ORNL is also partnering with Pacific Northwest National Laboratory, Berkeley Laboratory, and the University of Michigan on a project funded by the Office of Basic Energy Sciences titled "Embedding Quantum Computing into Many-Body Frameworks for Strongly-Correlated Molecular and Materials Systems". The research team will develop methods for solving problems in computational chemistry for highly correlated electronic states. ORNL's contribution, led by Travis Humble, will support this collaboration by translating applications of computational chemistry into the language needed for running on quantum computers and testing these ideas on experimental hardware.

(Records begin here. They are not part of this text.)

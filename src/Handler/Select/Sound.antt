-- ===== src/Handler/Select/Sound.antt =====
-- Select of src/SocketHandler.cpp: no fault, where every socket that connects again has an address.
use cpp_sockets_library.Prelude.{
  ℕ, ◌≡◌, ◌≢◌, refl, Bool, true, false, not, ◌||◌, none, some, List, [], ◌∷◌, leb, ◌==◌,
  if◌then◌else◌, Bool-cases, Option-cases, inl, inr,
}
use cpp_sockets_library.Handler.{
  Sock, Env, SocketHandler, update, set_close, set_fds, get_count, close, Connect, bad_address,
  no_socket, no_nonblocking, done, pending, refused, set_connecting, open_tcp,
}
use cpp_sockets_library.Handler.Select.{for_each}
use cpp_sockets_library.Handler.Select.Erase.{}
use cpp_sockets_library.Handler.Select.Uids.{}
use cpp_sockets_library.Handler.Select.Failed.{set_fds-mem}
use cpp_sockets_library.Handler.Select.Incoming.{}

-- A socket that is to connect again, now or when its connection is lost, has an address.
unfoldable pub addressed : Sock → Bool
addressed s = s.has_address || not (s.retry || s.reconnect)

abbrev pub Addressed : Env → Type 0
Addressed e = (p : ℕ) → addressed (e.mem p) ≡ true

abbrev pub Sound : SocketHandler → Type 0
Sound h = Addressed h.env × (h.fault ≡ false)

pub if-Sound : (b : Bool) (x y : SocketHandler) → Sound x → Sound y → Sound (if b then x else y)
if-Sound true x y v w = v
if-Sound false x y v w = w

pub if-Addressed :
    (b : Bool) (x y : Env) → Addressed x → Addressed y → Addressed (if b then x else y)
if-Addressed true x y v w = v
if-Addressed false x y v w = w

pub update-Addressed :
    (p : ℕ) (f : Sock → Sock) (e : Env)
    → ((s : Sock) → addressed s ≡ true → addressed (f s) ≡ true)
    → Addressed e
    → Addressed (update p f e)
unfolding update
update-Addressed p f e k a q = elim (Bool-cases (q == p)) [
  | inl b ↦ rw b (k (e.mem q) (a q))
  | inr b ↦ rw b (a q)
]

pub set_fds-Addressed : (p : ℕ) (r w : Bool) (e : Env) → Addressed e → Addressed (set_fds p r w e)
set_fds-Addressed p r w e a q = rw (set_fds-mem p r w e) (a q)

pub close-Addressed : (p : ℕ) (e : Env) → Addressed e → Addressed (close p e)
unfolding close addressed
close-Addressed p e a = elim (Option-cases (e.mem p).fd) [
  | inl h ↦ rw (close, h) a
  | inr (s, h) ↦
      rw (close, h)
        (update-Addressed p (λ x. record x { fd = none }) (set_fds p false false e) (λ s k. k)
          (set_fds-Addressed p false false e a))
]

pub set_close-Addressed : (now p : ℕ) (e : Env) → Addressed e → Addressed (set_close now p e)
unfolding set_close addressed
set_close-Addressed now p e a =
    if-Addressed (e.mem p).closing e _ a
      (update-Addressed p (λ s. record s { closing = true; close_time = now }) e (λ s k. k) a)

pub set_close-address :
    (now p : ℕ) (e : Env) (q : ℕ) → ((set_close now p e).mem q).has_address ≡ (e.mem q).has_address
unfolding set_close update
set_close-address now p e q = elim (Bool-cases (e.mem p).closing) [
  | inl h ↦ rw h refl
  | inr h ↦ elim (Bool-cases (q == p)) [ inl b ↦ rw (h, b) refl | inr b ↦ rw (h, b) refl ]
]

set_connecting-Addressed :
    (now : ℕ) (b : Bool) (p : ℕ) (e : Env) → Addressed e → Addressed (set_connecting now b p e)
unfolding set_connecting addressed
set_connecting-Addressed now true p e a =
    if-Addressed (e.mem p).connecting e _ a (update-Addressed p _ e (λ s k. k) a)
set_connecting-Addressed now false p e a =
    if-Addressed (e.mem p).connecting _ e (update-Addressed p _ e (λ s k. k) a) a

pub open_tcp-Sound :
    (now p : ℕ) (c : Connect) (h : SocketHandler)
    → c ≢ no_socket
    → Sound h
    → Sound (open_tcp now p c h)
unfolding open_tcp addressed
open_tcp-Sound now p c h n (a, f) = by_answer c n
  where
    full : Sound (record h { env = set_close now p h.env })
    full = (set_close-Addressed now p h.env a, f)

    opening : Env
    opening = set_connecting now false p h.env

    opened : Addressed opening
    opened = set_connecting-Addressed now false p h.env a

    fails : Addressed (set_close now p opening)
    fails = set_close-Addressed now p opening opened

    attached :
        (s : ℕ)
        → Addressed (set_connecting now true p (update p (λ x. record x { fd = some s }) opening))
    attached s =
        set_connecting-Addressed now true p (update p (λ x. record x { fd = some s }) opening)
          (update-Addressed p _ opening (λ x k. k) opened)

    calm : (h.fault || false) ≡ false
    calm = rw f refl

    by_answer : (c : Connect) → c ≢ no_socket → Sound (open_tcp now p c h)
    by_answer bad_address n = full
    by_answer no_socket n = absurd (n refl)
    by_answer no_nonblocking n = if-Sound (leb h.max_count (get_count h)) _ _ full (fails, calm)
    by_answer (done s) n = if-Sound (leb h.max_count (get_count h)) _ _ full (
      update-Addressed p (λ x. record x { fd = some s; call_on_connect = true }) opening (λ x k. k)
          opened,
      calm,
    )
    by_answer (pending s) n = if-Sound (leb h.max_count (get_count h)) _ _ full (attached s, calm)
    by_answer (refused s) n =
        if-Sound (leb h.max_count (get_count h)) _ _ full
          (if-Addressed (h.env.mem p).reconnect _ _ (attached s) fails, calm)

pub for_each-Sound :
    (f : ℕ → SocketHandler → SocketHandler) (ps : List ℕ) (h : SocketHandler)
    → ((p : ℕ) (h : SocketHandler) → Sound h → Sound (f p h))
    → Sound h
    → Sound (for_each f ps h)
unfolding for_each
for_each-Sound f [] h k v = v
for_each-Sound f (p ∷ ps) h k v = for_each-Sound f ps (f p h) k (k p h v)

pub if-true :
    (b : Bool) (P : SocketHandler → Type 0) (x y : SocketHandler)
    → b ≡ true
    → P x
    → P (if b then x else y)
if-true b P x y e v = rw e v
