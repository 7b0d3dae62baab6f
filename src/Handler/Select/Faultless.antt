-- ===== src/Handler/Select/Faultless.antt =====
-- Select of src/SocketHandler.cpp: its steps run without a fault.
use cpp_sockets_library.Prelude.{
  ℕ, zero, suc, ◌+◌, ◌≡◌, ap, subst, Bool, true, false, not, ◌&&◌, ◌||◌, Option, none, some, List,
  [], ◌∷◌, ltb, leb, ◌==◌, if◌then◌else◌, length, drop, Bool-cases, Option-cases, inl, inr,
}
use cpp_sockets_library.Handler.{
  FdSet, Env, SocketHandler, socket, change, set_fds, valid, close, Callback, on_delete, on_connect,
  on_reconnect, on_ssl_connect, on_write, on_exception, on_timeout, on_connect_timeout,
  detach_socket, find, put, calls, delete_socket, enter, incoming,
}
use cpp_sockets_library.Handler.Select.{
  call_on_connect, timeout, close_and_delete, take_detach, any_detach, check_detaches, keeps_fd,
  rebuild, dispatch, Answer, ready, none_ready, passed_over, invalid, bad_fd, system_select,
  add_incoming,
}
use cpp_sockets_library.Handler.Select.Erase.{}
use cpp_sockets_library.Handler.Select.Uids.{Entries}
use cpp_sockets_library.Handler.Select.Failed.{}
use cpp_sockets_library.Handler.Select.Incoming.{}
use cpp_sockets_library.Handler.Select.Sound.{
  addressed, Addressed, Sound, if-Sound, if-Addressed, update-Addressed, set_fds-Addressed,
  close-Addressed,
}

-- The virtual functions leave no socket that connects again without an address, and take no address
-- away.
module _ (on : Callback → ℕ → Env → Env)
    (polite : (c : Callback) (p : ℕ) (e : Env) → Addressed e → Addressed (on c p e))
    (holds : (c : Callback) (p : ℕ) (e : Env) (q : ℕ)
      → (e.mem q).has_address ≡ true
      → ((on c p e).mem q).has_address ≡ true) where
  pub delete_socket-Sound : (p : ℕ) (h : SocketHandler) → Sound h → Sound (delete_socket on p h)
  unfolding delete_socket addressed
  delete_socket-Sound p h (a, f) =
      let h1 = calls on on_delete p h in
      let s = socket h1 p in
      let a1 = polite on_delete p h.env a in
      if-Sound (s.delete_by_handler && not s.erased) (change p (λ x. record x { erased = true }) h1)
        h1 (update-Addressed p (λ x. record x { erased = true }) h1.env (λ x k. k) a1, f) (a1, f)

  enter-Sound : (s p : ℕ) (h : SocketHandler) → Sound h → Sound (enter on s p h)
  unfolding enter
  enter-Sound s p h v =
      let put_in = record h { sockets = put s p h.sockets } in
      let dropped = delete_socket-Sound p put_in v in
      if-Sound (socket h p).closing _ _ (close-Addressed p _ dropped.0, dropped.1)
        (
          if-Addressed ((socket h p).stream && (socket h p).connecting) _ _
              (set_fds-Addressed p false true _ v.0) (set_fds-Addressed p _ _ _ v.0),
          v.1,
        )

  incoming-Sound : (p : ℕ) (h : SocketHandler) → Sound h → Sound (incoming on p h)
  unfolding incoming
  incoming-Sound p h v = elim (Option-cases (socket h p).fd) [
    | inl a ↦ rw (incoming, a) v
    | inr (s, a) ↦ elim (Option-cases (find s h.sockets)) [
      | inl b ↦ rw (incoming, a, b) (enter-Sound s p h v)
      | inr (q, b) ↦
          rw (incoming, a, b)
            (if-Sound (ltb (socket h q).uid (socket h p).uid) _ _
              (enter-Sound s p (delete_socket on q h) (delete_socket-Sound q h v))
              (if-Sound ((socket h p).uid == (socket h q).uid && p == q) _ _ v v))
    ]
  ]

  the_same : (h h' : SocketHandler) → some h ≡ some h' → Sound h → Sound h'
  the_same h h' e v =
      subst Sound (ap (λ (o : Option SocketHandler). elim o [ none ↦ h | some x ↦ x ]) e) v

  pub add_incoming-Sound :
      (fuel : ℕ) (h h' : SocketHandler) → Sound h → add_incoming on fuel h ≡ some h' → Sound h'
  unfolding add_incoming
  add_incoming-Sound zero h h' v e = cc
  add_incoming-Sound (suc fuel) h h' v e = by_list h.env.add (λ x. add_incoming-Sound fuel x h') e
    where
      by_list :
          (l : List ℕ)
          → ((x : SocketHandler) → Sound x → add_incoming on fuel x ≡ some h' → Sound h')
          → elim l [
            | [] ↦ some h
            | p ∷ ps ↦
                let h1 = incoming on p h in
                let rest =
                  add_incoming on fuel
                    (record h1 { env = record h1.env { add = drop 1 h1.env.add } }) in
                if leb h.max_count (length h.sockets) then some h else rest
          ]
            ≡ some h'
          → Sound h'
      by_list [] later e = the_same h h' e v
      by_list (p ∷ ps) later e = elim (Bool-cases (leb h.max_count (length h.sockets))) [
        | inl full ↦ the_same h h' (rw full at e) v
        | inr room ↦ later _ (incoming-Sound p h v) (rw room at e)
      ]

  pub call_on_connect-Sound : (p : ℕ) (h : SocketHandler) → Sound h → Sound (call_on_connect on p h)
  unfolding call_on_connect addressed
  call_on_connect-Sound p h v =
      let h1 = change p (λ s. record s { connected = true }) h in
      let v1 : Sound h1 = (update-Addressed p _ h.env (λ s k. k) v.0, v.1) in
      let b = (socket h1 p).tcp && not ((socket h1 p).output_length == 0) in
      let written = if b then calls on on_write p h1 else h1 in
      let w : Sound written = if-Sound b _ _ (polite on_write p h1.env v1.0, v.1) v1 in
      let c = (socket written p).tcp && (socket written p).is_reconnect in
      let told =
        if (socket h1 p).ssl
        then calls on on_ssl_connect p h1
        else if c
        then calls on on_reconnect p written
        else calls on on_connect p written in
      let t : Sound told =
        if-Sound (socket h1 p).ssl (calls on on_ssl_connect p h1) _
          (polite on_ssl_connect p h1.env v1.0, v.1)
          (if-Sound c (calls on on_reconnect p written) (calls on on_connect p written)
            (polite on_reconnect p written.env w.0, w.1)
            (polite on_connect p written.env w.0, w.1)) in
      if-Sound (valid p h && (socket h p).call_on_connect) _ h
        (update-Addressed p _ told.env (λ s k. k) t.0, t.1) v

  pub timeout-Sound : (now p : ℕ) (h : SocketHandler) → Sound h → Sound (timeout on now p h)
  unfolding timeout addressed
  timeout-Sound now p h v =
      let s = socket h p in
      let stopped = change p (λ x. record x { timeout_start = 0; timeout_limit = 0 }) h in
      let a : Addressed stopped.env = update-Addressed p _ h.env (λ s k. k) v.0 in
      let told = calls on on_connect_timeout p stopped in
      let b = polite on_connect_timeout p stopped.env a in
      if-Sound (valid p h && ltb 0 s.timeout_start && ltb 0 s.timeout_limit) _ h
        (if-Sound (ltb (s.timeout_start + s.timeout_limit) now) _ h
          (if-Sound (s.stream && s.connecting) _ (calls on on_timeout p stopped)
            (update-Addressed p _ told.env (λ s k. k) b, v.1)
            (polite on_timeout p stopped.env a, v.1))
          v)
        v

  pub close_and_delete-Sound :
      (p : ℕ) (h : SocketHandler) → Sound h → Sound (close_and_delete on p h)
  unfolding close_and_delete
  close_and_delete-Sound p h v =
      delete_socket-Sound p (record h { env = close p (set_fds p false false h.env) })
        (close-Addressed p _ (set_fds-Addressed p false false h.env v.0), v.1)

  pub check_detaches-Sound : (h : SocketHandler) → Sound h → Sound (check_detaches on h)
  unfolding check_detaches
  check_detaches-Sound h v = by_result (take_detach on h.env.mem h.sockets)
    where
      by_result :
          (r : Option (ℕ × Entries))
          → Sound (elim r [
            | none ↦ record h {
              env = record h.env { check_detach = any_detach on h.env.mem h.env.add };
            }
            | some r ↦
                let h1 =
                  calls on detach_socket r.0
                    (record h { env = set_fds r.0 false false h.env; sockets = r.1 }) in
                record h1 { env = record h1.env { check_detach = true } }
          ])
      by_result none = v
      by_result (some (p, ys)) =
          (polite detach_socket p _ (set_fds-Addressed p false false h.env v.0), v.1)

  dispatch-Sound :
      (r w e : FdSet) (xs : Entries) (h : SocketHandler) → Sound h → Sound (dispatch on r w e xs h)
  unfolding dispatch
  dispatch-Sound r w e [] h v = v
  dispatch-Sound r w e (x ∷ xs) h v =
      let one : (b : Bool) (c : Callback) (h : SocketHandler)
          → Sound h
          → Sound (if b then calls on c x.1 h else h) =
        λ b c h v. if-Sound b _ h (polite c x.1 h.env v.0, v.1) v in
      dispatch-Sound r w e xs _ (one (e x.0) on_exception _ (one (w x.0) _ _ (one (r x.0) _ h v)))

  rebuild-Sound :
      (bad : ℕ → Bool) (xs : Entries) (r w e : FdSet) (h : SocketHandler)
      → Sound h
      → Sound (rebuild on bad xs r w e h)
  unfolding rebuild
  rebuild-Sound bad [] r w e h v = v
  rebuild-Sound bad (x ∷ xs) r w e h v =
      let b = not (keeps_fd on x.0 (socket h x.1)) || (bad x.0 && valid x.1 h) in
      rebuild-Sound bad xs _ _ _ (if b then delete_socket on x.1 h else h)
        (if-Sound b _ h (delete_socket-Sound x.1 h v) v)

  pub system_select-Sound :
      (got : Answer) (h h' : SocketHandler) → Sound h → system_select on got h ≡ some h' → Sound h'
  unfolding system_select
  system_select-Sound (ready r w e) h h' v q = the_same _ h' q (dispatch-Sound r w e h.sockets h v)
  system_select-Sound none_ready h h' v q = the_same h h' q v
  system_select-Sound passed_over h h' v q = the_same h h' q v
  system_select-Sound invalid h h' v q = cc
  system_select-Sound (bad_fd bad) h h' v q =
      the_same _ h' q (rebuild-Sound bad h.sockets _ _ _ h v)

ORNL will support multiple projects awarded by the Office of High Energy Physics to develop methods for detecting high-energy particles using quantum information science. They include:
- "Quantum-Enhanced Detection of Dark Matter and Neutrinos", in collaboration with the University of Wisconsin, Tufts, and San Diego State University. This project will use quantum simulation to calculate detector responses to dark matter particles and neutrinos. A new simulation technique under development will require extensive work in error mitigation strategies to correctly evaluate scattering cross sections and other physical quantities. ORNL's effort, led by Raphael Pooser, will help develop these simulation techniques and error mitigation strategies for the new quantum simulator device, thus ensuring successful detector calculations.
- "Particle Track Pattern Recognition via Content Addressable Memory and Adiabatic Quantum Optimization: OLYMPUS Experiment Revisited", a collaboration with John Hopkins Applied Physics Laboratory aimed at identifying rare events found in the data generated by experiments at particle colliders. ORNL principal investigator Travis Humble will apply new ideas for data analysis using experimental quantum computers that target faster response times and greater memory capacity for tracking signatures of high-energy particles.
- "HEP ML and Optimization Go Quantum", in collaboration with Fermi National Accelerator Laboratory and Lockheed Martin Corporation, which will investigate how quantum machine learning methods may be applied to solving key challenges in optimization and data analysis. Advances in training machine learning networks using quantum computer promise greater accuracy and faster response times for data analysis. ORNL principal investigators Travis Humble and Alex McCaskey will help to develop these new methods for quantum machine learning for existing quantum computers by using the XACC programming tools, which offer a flexible framework by which to integrate quantum computing into scientific software.